Jazz drumming is the art of playing percussion (predominantly the drum kit, which includes a variety of drums and cymbals) in jazz styles ranging from 1910s-style Dixieland jazz to 1970s-era jazz fusion and 1980s-era Latin jazz. The techniques and instrumentation of this type of performance have evolved over several periods, influenced by jazz at large and the individual drummers within it. Stylistically, this aspect of performance was shaped by its starting place, New Orleans, as well as numerous other regions of the world, including other parts of the United States, the Caribbean, and Africa.

Jazz required a method of playing percussion different from traditional European styles, one that was easily adaptable to the different rhythms of the new genre, fostering the creation of jazz drumming's hybrid technique. As each period in the evolution of jazz—swing and bebop, for example—tended to have its own rhythmic style, jazz drumming continued to evolve along with the music through the 20th century. One tendency that emerged over time was the gradual "freeing" of the beat. But older styles persisted in later periods. The borders between these periods are unclear, partly because no one style completely replaced others, and partly because there were numerous cross influences between styles.

==Early history==
===Preliminary cultural mixing===
The rhythms and use of percussion in jazz, as well as the art form itself, were products of extensive cultural mixing in various locations. The earliest occasion when this occurred was the Moorish invasion of Europe, where the cultures of France, Spain, and Africa to some extent, encountered each other and most likely exchanged some cultural information. The influence of African music and rhythms on the general mix that created jazz was profound, though this influence did not appear until later.

===African influence===
There are several central qualities shared by African music and jazz, most prominently the importance of improvisation. Some instrumental qualities from African music that appear in jazz (especially its drumming) include using unpitched instruments to produce specific musical tones or tone-like qualities, using all instruments to imitate the human voice, superimposition of one rhythmic structure onto another (e.g., a group of three against a group of two), dividing a regular section of time (called a measure in musical terms) into groups of two and three, and the use of repetitive rhythms used throughout a musical piece, often called clave rhythms. This last quality is one of special importance, as there are several pronounced occurrences of this pattern and the aesthetics that accompany it in the world of jazz.

====Clave====

Clave is a tool for keeping time and determining which beats in a composition should be accented. In Africa, the clave is based on division of the measure into groups of three, on which only a few beats are emphasized. The Cuban clave, derived from the African version, is composed of two measures, one with three beats, one with two. The measures can be played in either order, with either the two or three beat phrase coming first, and are labeled "2-3" or "3-2", respectively.
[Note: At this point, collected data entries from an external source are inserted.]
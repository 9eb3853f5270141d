-- ===== src/Batch/Results.antt =====
-- The number of results of `CreateBatch`.
use insider_notification.Base.{
  ℕ, String, Option, none, some, All, map, ◌⊎◌, List, [], ◌∷◌, length, length-map, ◌≡◌, refl, ap,
  ◌∙◌, ◌+◌, suc, Bool-cases, inl, inr,
}
use insider_notification.Errors.{Error, message}
use insider_notification.Effect.{Result, ok, err}
use insider_notification.Platform.{Platform}
use insider_notification.Domain.{Notification}
use insider_notification.Store.{DbNotification, Ids, NotificationRepository}
use insider_notification.Ports.{Publisher}
use insider_notification.Batch.{
  BatchResult, slot_of, reject_slot, make_slots, insert_done, insert_slots, accepted_entities,
  is_empty, create_batch,
}

-- A result is an accepted one with an id, or a rejected one with an error.
abbrev pub Fits : BatchResult → Type 0
Fits r =
    ((r.status ≡ "accepted") × ((id : ℕ) × (r.id ≡ some id)) × (r.error ≡ none))
    ⊎ ((r.status ≡ "rejected") × (r.id ≡ none) × ((text : String) × (r.error ≡ some text)))

-- A slot, the second part of which is rejected where there is no entity.
abbrev FitsSlot : Option DbNotification × BatchResult → Type 0
FitsSlot (none, r) = (r.status ≡ "rejected") × (r.id ≡ none) × ((t : String) × (r.error ≡ some t))
FitsSlot (some e, r) = Fits r

slots-Fit :
    (slots : List (Option DbNotification × BatchResult))
    → All FitsSlot slots
    → All Fits (map (λ x. x.1) slots)
slots-Fit [] h = tt
slots-Fit ((none, r) ∷ slots) (h, hs) = (inr h, slots-Fit slots hs)
slots-Fit ((some e, r) ∷ slots) (h, hs) = (h, slots-Fit slots hs)

rejected-Fit :
    (msg : String) (slots : List (Option DbNotification × BatchResult))
    → All FitsSlot slots
    → All Fits (map (reject_slot msg) slots)
rejected-Fit msg [] h = tt
rejected-Fit msg ((none, r) ∷ slots) (h, hs) = (inr h, rejected-Fit msg slots hs)
rejected-Fit msg ((some e, r) ∷ slots) (h, hs) =
    (inr (refl, refl, (msg, refl)), rejected-Fit msg slots hs)

insert_done-Fit :
    {S : Type 0} (p : Platform) (slots : List (Option DbNotification × BatchResult))
    (x : S × Result (List DbNotification))
    → All FitsSlot slots
    → All Fits (insert_done p slots x).1.1
unfolding insert_done
insert_done-Fit p slots (s, ok stored) h = slots-Fit slots h
insert_done-Fit p slots (s, err e) h = rejected-Fit _ slots h

slot_of-FitsSlot :
    (i : ℕ) (made : Result DbNotification) (text : Error → String) → FitsSlot (slot_of i made text)
slot_of-FitsSlot i (ok e) text = inl (refl, (e.id, refl), refl)
slot_of-FitsSlot i (err x) text = (refl, refl, (text x, refl))

length-insert_done :
    {S : Type 0} (p : Platform) (slots : List (Option DbNotification × BatchResult))
    (x : S × Result (List DbNotification))
    → length (insert_done p slots x).1.1 ≡ length slots
unfolding insert_done
length-insert_done p slots (s, ok stored) = length-map _ slots
length-insert_done p slots (s, err e) = length-map _ slots

module _ {S : Type 0} (p : Platform) (ids : Ids S) (repo : NotificationRepository S)
    (publisher : Publisher S) where
  length-make_slots :
      (b i : ℕ) (ns : List Notification) (s : S)
      → length (make_slots p ids repo publisher b i ns s).1 ≡ length ns
  unfolding make_slots
  length-make_slots b i [] s = refl
  length-make_slots b i (n ∷ ns) s = ap suc (length-make_slots b (i + 1) ns _)

  length-insert_slots :
      (slots : List (Option DbNotification × BatchResult)) (s : S)
      → length (insert_slots p ids repo publisher slots s).1.1 ≡ length slots
  unfolding insert_slots
  length-insert_slots slots s = elim (Bool-cases (is_empty (accepted_entities slots))) [
    | inl nothing ↦ rw nothing (length-map _ slots)
    | inr some_rows ↦ rw some_rows (length-insert_done p slots _)
  ]

  make_slots-FitSlots :
      (b i : ℕ) (ns : List Notification) (s : S)
      → All FitsSlot (make_slots p ids repo publisher b i ns s).1
  unfolding make_slots
  make_slots-FitSlots b i [] s = tt
  make_slots-FitSlots b i (n ∷ ns) s =
      (slot_of-FitsSlot i _ (message p), make_slots-FitSlots b (i + 1) ns _)

  insert_slots-Fit :
      (slots : List (Option DbNotification × BatchResult)) (s : S)
      → All FitsSlot slots
      → All Fits (insert_slots p ids repo publisher slots s).1.1
  unfolding insert_slots
  insert_slots-Fit slots s h = elim (Bool-cases (is_empty (accepted_entities slots))) [
    | inl nothing ↦ rw nothing (slots-Fit slots h)
    | inr some_rows ↦ rw some_rows (insert_done-Fit p slots _ h)
  ]

  -- Whatever fails, each result is accepted with an id or rejected with an error.
  pub create_batch-Fit :
      (ns : List Notification) (s : S) → All Fits (create_batch p ids repo publisher ns s).1.1
  unfolding create_batch
  create_batch-Fit ns s =
      insert_slots-Fit (make_slots p ids repo publisher (ids.new s).1 0 ns (ids.new s).0).1 _
        (make_slots-FitSlots _ 0 ns _)

  -- Whatever fails, the results are as many as the notifications.
  pub length-create_batch :
      (ns : List Notification) (s : S)
      → length (create_batch p ids repo publisher ns s).1.1 ≡ length ns
  unfolding create_batch
  length-create_batch ns s =
      length-insert_slots (make_slots p ids repo publisher (ids.new s).1 0 ns (ids.new s).0).1 _
      ∙ length-make_slots _ 0 ns _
Within the jazz band, phrases known as comping patterns have included elements of the clave since the very early days of the music. Comping is support of other musicians, often soloists, and echoing or reinforcement of the composition.

===Cuban influence===

The culture that created the most commonly used version of this pattern was that of Cuba. The circumstances that created that music and culture were very similar to those that created jazz; French, African, Spanish, and native Cuban cultures were all combined in Cuba and created many popular musical forms as well as the clave, which was a rather early invention. The music also affected the development of a variant of jazz, known as Latin jazz.

====Latin jazz====
Latin jazz is generally characterized by the use of even note combinations, as opposed to the swung notes common in most other varieties of jazz. It is also heavily influenced by the clave, and composers of the music require a knowledge of the workings of percussion in Afro-Cuban music—the instruments must combine with each other in a logical fashion. The specific genre of Afro-Cuban jazz is influenced by the traditional rhythms of Cuba, rather than from the entire Caribbean and other parts of the world.

==American influence==
The military drumming of America, predominantly fife and drum corps, in the 19th century and earlier supplied much of the technique and instrumentation of the early jazz drummers. Influential players like Warren "Baby" Dodds and Zutty Singleton used the traditional military drumstick grip, military instruments, and played in the style of military drummers using rudiments, a group of short patterns which are standard in drumming. The rhythmic composition of this music was also important in early jazz and beyond. Very different from the African performance aesthetic, a flowing style which does not directly correspond to Western time signatures, the music played by military bands was rigidly within time and metric conventions, though it did have compositions in both duple and triple meter.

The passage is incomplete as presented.